## Collected data
- Opening Delimiter -

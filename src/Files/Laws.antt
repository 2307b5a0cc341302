-- ===== src/Files/Laws.antt =====
-- What the file operations do to names and contents.
use pi_mobile_photobackup.Prelude.{
  ℕ, ◌≡◌, refl, Text, Bytes, true, none, some, List, [], ◌∷◌, arith, ◌==◌, text_eq, text_eq_iff,
  if◌then◌else◌,
}
use pi_mobile_photobackup.Files.{
  Files, find_name, drop_name, find_blob, inode, blob, exists, unlink, create, write, link, replace,
}

find_name-drop_name :
    (p q : Text) (ns : List (Text × ℕ))
    → find_name q (drop_name p ns) ≡ (if text_eq p q then none else find_name q ns)
unfolding find_name drop_name
find_name-drop_name p q [] = ground arith
find_name-drop_name p q ((r, i) ∷ ns) =
    ground (arith, find_name-drop_name p q ns, text_eq_iff r p, text_eq_iff r q, text_eq_iff p q)

module _ (p q : Text) (f : Files) where
  pub inode-unlink : inode q (unlink p f) ≡ (if text_eq p q then none else inode q f)
  unfolding unlink
  inode-unlink = find_name-drop_name p q f.names

  pub inode-create : inode q (create p f) ≡ (if text_eq p q then some f.next_inode else inode q f)
  unfolding create find_name
  inode-create = refl

  pub inode-link : (i : ℕ) → inode q (link i p f) ≡ (if text_eq p q then some i else inode q f)
  unfolding link find_name
  inode-link i = refl

  -- The target names the file, and the old name is gone.
  pub inode-replace :
      (i : ℕ) (r : Text)
      → inode r (replace p i q f)
        ≡ (if text_eq q r then some i else if text_eq p r then none else inode r f)
  unfolding replace find_name
  inode-replace i r =
      ground (arith, find_name-drop_name q r (drop_name p f.names), find_name-drop_name p r f.names)

module _ (i j : ℕ) (b : Bytes) (f : Files) where
  pub blob-write : blob j (write i b f) ≡ (if i == j then b else blob j f)
  unfolding write find_blob
  blob-write = refl

pub blob-create :
    (p : Text) (j : ℕ) (f : Files)
    → blob j (create p f) ≡ (if f.next_inode == j then [] else blob j f)
unfolding create find_blob
blob-create p j f = refl

pub exists_of_inode : (p : Text) (f : Files) {i : ℕ} → inode p f ≡ some i → exists p f ≡ true
unfolding exists
exists_of_inode p f h = rw h

pub inode_of_exists : (p : Text) (f : Files) → exists p f ≡ true → (i : ℕ) × (inode p f ≡ some i)
unfolding exists
inode_of_exists p f h = ground arith
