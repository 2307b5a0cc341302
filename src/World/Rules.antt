-- ===== src/World/Rules.antt =====
-- Specifications of actions, by what the files and the manifest satisfy before and after, with one
-- rule for each way to build an action. What an action satisfies when it raises is what also holds
-- wherever the power fails.
use pi_mobile_photobackup.Prelude.{
  ◌≡◌, refl, Bool, true, false, inl, inr, Option, none, some, Bool-cases, Text, ◌==◌, if◌then◌else◌,
}
use pi_mobile_photobackup.Effects.{
  Error, Result, ok, raise, pure, throw, gets, require, continue, ◌>>=◌,
}
use pi_mobile_photobackup.Files.{Files}
use pi_mobile_photobackup.Manifest.{Manifest}
use pi_mobile_photobackup.World.{
  World, Environment, Action, on_files, on_db, try_db, open_source, committed,
}

-- A property of the files and the manifest.
abbrev pub Prop : Type 1
Prop = Files → Manifest → Type 0

abbrev pub After : {A : Type 0} → (A → Prop) → Prop → Result A × World → Type 0
After Q R (ok a, w) = Q a w.files w.db
After Q R (raise e, w) = R w.files w.db

-- From `P` the action returns with `Q`, or raises or loses power with `R`.
pub record Spec {A : Type 0} (P : Prop) (m : Action A) (Q : A → Prop) (R : Prop) : Type 0 where
  pub at : (w : World) → P w.files w.db → After Q R (m w)

committed-After :
    {A : Type 0} (R : Prop) (Q : A → Prop) (w : World) (o : Option (A × Manifest))
    → R w.files w.db
    → ((a : A) (d : Manifest) → o ≡ some (a, d) → Q a w.files d)
    → After Q R (committed w o)
committed-After R Q w none r h = r
committed-After R Q w (some (a, d)) r h = h a d refl

module _ {A : Type 0} {P R : Prop} {Q : A → Prop} where
  pub Spec-pure : (a : A) → ((f : Files) (d : Manifest) → P f d → Q a f d) → Spec P (pure a) Q R
  unfolding pure
  Spec-pure a h = record { at = λ w p. h w.files w.db p }

  pub Spec-throw :
      (e : Error) → ((f : Files) (d : Manifest) → P f d → R f d) → Spec P (throw {A = A} e) Q R
  unfolding throw
  Spec-throw e h = record { at = λ w p. h w.files w.db p }

  pub Spec-gets :
      (g : World → A) → ((w : World) → P w.files w.db → Q (g w) w.files w.db) → Spec P (gets g) Q R
  unfolding gets
  Spec-gets g h = record { at = h }

  pub Spec-require :
      (e : Error) (o : Option A)
      → ((f : Files) (d : Manifest) → P f d → R f d)
      → ((a : A) → o ≡ some a → (f : Files) (d : Manifest) → P f d → Q a f d)
      → Spec P (require e o) Q R
  unfolding require
  Spec-require e none r h = record { at = λ w p. r w.files w.db p }
  Spec-require e (some a) r h = record { at = λ w p. h a refl w.files w.db p }

  pub Spec-if :
      (b : Bool) (m n : Action A)
      → (b ≡ true → Spec P m Q R)
      → (b ≡ false → Spec P n Q R)
      → Spec P (if b then m else n) Q R
  Spec-if true m n hm hn = hm refl
  Spec-if false m n hm hn = hn refl

  pub Spec-on_db :
      (change : Manifest → A × Manifest)
      → ((f : Files) (d : Manifest) → P f d → R f d)
      → ((f : Files) (d : Manifest) → P f d → Q (change d).0 f (change d).1)
      → Spec P (on_db change) Q R
  unfolding on_db
  Spec-on_db change r h = record {
    at = λ w p. elim (Bool-cases (w.power == 0)) [
      | inl e ↦ rw e (r w.files w.db p)
      | inr e ↦ rw e (h w.files w.db p)
    ];
  }

  pub Spec-try_db :
      (change : Manifest → Option (A × Manifest))
      → ((f : Files) (d : Manifest) → P f d → R f d)
      → ((f : Files) (d : Manifest) (a : A) (d' : Manifest)
          → P f d
          → change d ≡ some (a, d')
          → Q a f d')
      → Spec P (try_db change) Q R
  unfolding try_db
  Spec-try_db change r h = record {
    at = λ w p. elim (Bool-cases (w.power == 0)) [
      | inl e ↦ rw e (r w.files w.db p)
      | inr e ↦ rw e (
          committed-After R Q w (change w.db) (r w.files w.db p)
            (λ a d' e'. h w.files w.db a d' p e'))
    ];
  }

module _ {P R : Prop} {Q : Unit {0} → Prop} where
  pub Spec-on_files :
      (change : Files → Files)
      → ((f : Files) (d : Manifest) → P f d → R f d)
      → ((f : Files) (d : Manifest) → P f d → Q tt (change f) d)
      → Spec P (on_files change) Q R
  unfolding on_files
  Spec-on_files change r h = record {
    at = λ w p. elim (Bool-cases (w.power == 0)) [
      | inl e ↦ rw e (r w.files w.db p)
      | inr e ↦ rw e (h w.files w.db p)
    ];
  }

pub Spec-open_source :
    {P R : Prop} (env : Environment) (path : Text) → Spec P (open_source env path) (λ _. P) R
unfolding open_source
Spec-open_source env path = record { at = λ w p. p }

module _ {A B : Type 0} where
  pub Spec-bind :
      {P R : Prop} (Q : A → Prop) {T : B → Prop} {m : Action A} {f : A → Action B}
      → Spec P m Q R
      → ((a : A) → Spec (Q a) (f a) T R)
      → Spec P (m >>= f) T R
  unfolding ◌>>=◌
  Spec-bind {R = R} Q {T = T} {m = m} {f = f} sm sf = record {
    at = λ w p. go (m w).0 (m w).1 (sm.at w p);
  }
    where
      go : (r : Result A) (w : World) → After Q R (r, w) → After T R (continue (r, w) f)
      go (ok a) w h = (sf a).at w h
      go (raise e) w h = h

module _ {A : Type 0} where
  pub Spec-weaken :
      {P P' R R' : Prop} {Q Q' : A → Prop} {m : Action A}
      → ((f : Files) (d : Manifest) → P' f d → P f d)
      → ((a : A) (f : Files) (d : Manifest) → Q a f d → Q' a f d)
      → ((f : Files) (d : Manifest) → R f d → R' f d)
      → Spec P m Q R
      → Spec P' m Q' R'
  Spec-weaken {R = R} {R' = R'} {Q = Q} {Q' = Q'} {m = m} hp hq hr s = record {
    at = λ w p. go (m w).0 (m w).1 (s.at w (hp w.files w.db p));
  }
    where
      go : (r : Result A) (w : World) → After Q R (r, w) → After Q' R' (r, w)
      go (ok a) w h = hq a w.files w.db h
      go (raise e) w h = hr w.files w.db h

module _ {A : Type 0} {P R : Prop} {Q : A → Prop} {m : Action A} where
  -- A fact that does not depend on the state may be assumed.
  pub Spec-given : (K : Type 0) → (K → Spec P m Q R) → Spec (λ f d. P f d × K) m Q R
  Spec-given K s = record { at = λ w h. (s h.1).at w h.0 }

module _ {A : Type 0} {P : Prop} {m : Action A} where
  -- Nothing is claimed.
  pub Spec-any : Spec P m (λ _ _ _. Unit {0}) (λ _ _. Unit {0})
  Spec-any = record { at = λ w p. go (m w).0 (m w).1 }
    where
      go : (r : Result A) (w : World) → After (λ _ _ _. Unit {0}) (λ _ _. Unit {0}) (r, w)
      go (ok a) w = tt
      go (raise e) w = tt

- Closing Delimiter -

## Prompt
Which of the lines above mention the word "with"? Pull those lines out.

## Result
-- Specifications of actions, by what the files and the manifest satisfy before and after, with one
-- From `P` the action returns with `Q`, or raises or loses power with `R`.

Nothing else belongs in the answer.